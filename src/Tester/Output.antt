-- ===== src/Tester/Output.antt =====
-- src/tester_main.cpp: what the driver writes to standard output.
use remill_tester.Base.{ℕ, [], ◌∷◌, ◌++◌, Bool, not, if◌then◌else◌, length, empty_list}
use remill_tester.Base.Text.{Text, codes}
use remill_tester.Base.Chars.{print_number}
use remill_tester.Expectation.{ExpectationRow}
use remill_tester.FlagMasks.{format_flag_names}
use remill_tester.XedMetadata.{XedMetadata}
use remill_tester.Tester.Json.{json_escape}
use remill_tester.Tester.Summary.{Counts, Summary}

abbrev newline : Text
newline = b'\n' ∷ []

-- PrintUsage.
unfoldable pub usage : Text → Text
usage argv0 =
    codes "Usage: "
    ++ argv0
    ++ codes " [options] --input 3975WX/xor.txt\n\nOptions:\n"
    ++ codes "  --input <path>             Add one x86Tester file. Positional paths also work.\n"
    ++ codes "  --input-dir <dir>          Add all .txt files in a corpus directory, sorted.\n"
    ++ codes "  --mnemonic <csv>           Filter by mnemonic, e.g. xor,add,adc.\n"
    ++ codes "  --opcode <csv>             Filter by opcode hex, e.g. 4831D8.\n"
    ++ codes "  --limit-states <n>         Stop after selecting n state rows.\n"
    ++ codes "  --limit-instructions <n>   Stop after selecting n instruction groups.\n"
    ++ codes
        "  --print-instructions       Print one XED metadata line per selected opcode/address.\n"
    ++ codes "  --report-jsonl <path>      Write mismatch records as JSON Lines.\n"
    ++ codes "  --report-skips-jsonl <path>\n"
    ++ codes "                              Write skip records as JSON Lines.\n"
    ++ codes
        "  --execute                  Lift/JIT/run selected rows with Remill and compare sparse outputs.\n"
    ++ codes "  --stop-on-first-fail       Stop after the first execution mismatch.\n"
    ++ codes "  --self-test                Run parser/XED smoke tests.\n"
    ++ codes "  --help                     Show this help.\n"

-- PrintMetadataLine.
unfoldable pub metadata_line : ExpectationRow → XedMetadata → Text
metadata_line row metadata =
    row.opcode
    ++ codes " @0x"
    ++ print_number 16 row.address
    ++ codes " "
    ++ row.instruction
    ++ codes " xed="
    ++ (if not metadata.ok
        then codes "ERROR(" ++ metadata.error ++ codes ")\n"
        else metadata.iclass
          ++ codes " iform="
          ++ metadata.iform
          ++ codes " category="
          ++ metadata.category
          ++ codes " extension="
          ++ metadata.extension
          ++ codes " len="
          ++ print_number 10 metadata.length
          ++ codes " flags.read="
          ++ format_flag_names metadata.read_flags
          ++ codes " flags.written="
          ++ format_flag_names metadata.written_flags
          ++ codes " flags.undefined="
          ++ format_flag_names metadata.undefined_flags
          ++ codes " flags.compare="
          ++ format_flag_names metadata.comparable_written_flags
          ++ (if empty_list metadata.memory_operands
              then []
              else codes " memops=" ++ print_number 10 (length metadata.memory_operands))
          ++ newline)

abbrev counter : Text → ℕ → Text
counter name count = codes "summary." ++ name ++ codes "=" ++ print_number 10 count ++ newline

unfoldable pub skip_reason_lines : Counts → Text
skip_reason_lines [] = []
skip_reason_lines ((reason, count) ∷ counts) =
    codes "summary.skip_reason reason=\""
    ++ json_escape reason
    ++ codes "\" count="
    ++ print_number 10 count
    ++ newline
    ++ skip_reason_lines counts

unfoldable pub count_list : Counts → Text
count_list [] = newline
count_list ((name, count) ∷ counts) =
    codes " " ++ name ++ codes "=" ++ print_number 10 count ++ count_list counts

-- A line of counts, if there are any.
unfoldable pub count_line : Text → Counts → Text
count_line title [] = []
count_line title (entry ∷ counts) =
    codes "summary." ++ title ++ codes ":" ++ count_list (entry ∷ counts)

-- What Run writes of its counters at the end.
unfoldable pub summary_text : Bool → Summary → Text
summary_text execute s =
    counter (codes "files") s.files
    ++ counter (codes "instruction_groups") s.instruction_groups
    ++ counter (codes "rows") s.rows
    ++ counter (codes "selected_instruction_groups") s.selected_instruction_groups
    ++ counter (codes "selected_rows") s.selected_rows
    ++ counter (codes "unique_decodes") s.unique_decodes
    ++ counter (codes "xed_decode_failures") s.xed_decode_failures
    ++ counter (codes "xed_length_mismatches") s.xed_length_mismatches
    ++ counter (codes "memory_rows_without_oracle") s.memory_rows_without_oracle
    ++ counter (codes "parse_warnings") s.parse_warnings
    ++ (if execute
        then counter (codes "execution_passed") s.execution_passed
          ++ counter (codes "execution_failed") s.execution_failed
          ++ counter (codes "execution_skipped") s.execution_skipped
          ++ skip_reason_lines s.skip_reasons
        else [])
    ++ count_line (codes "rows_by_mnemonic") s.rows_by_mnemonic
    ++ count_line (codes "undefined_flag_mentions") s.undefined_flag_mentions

= = = = = = =

## ACTIVITY
In the listing above, which lines include the string "address"? Return every one of them.

## ANSWER
        "  --print-instructions       Print one XED metadata line per selected opcode/address.\n"
    ++ print_number 16 row.address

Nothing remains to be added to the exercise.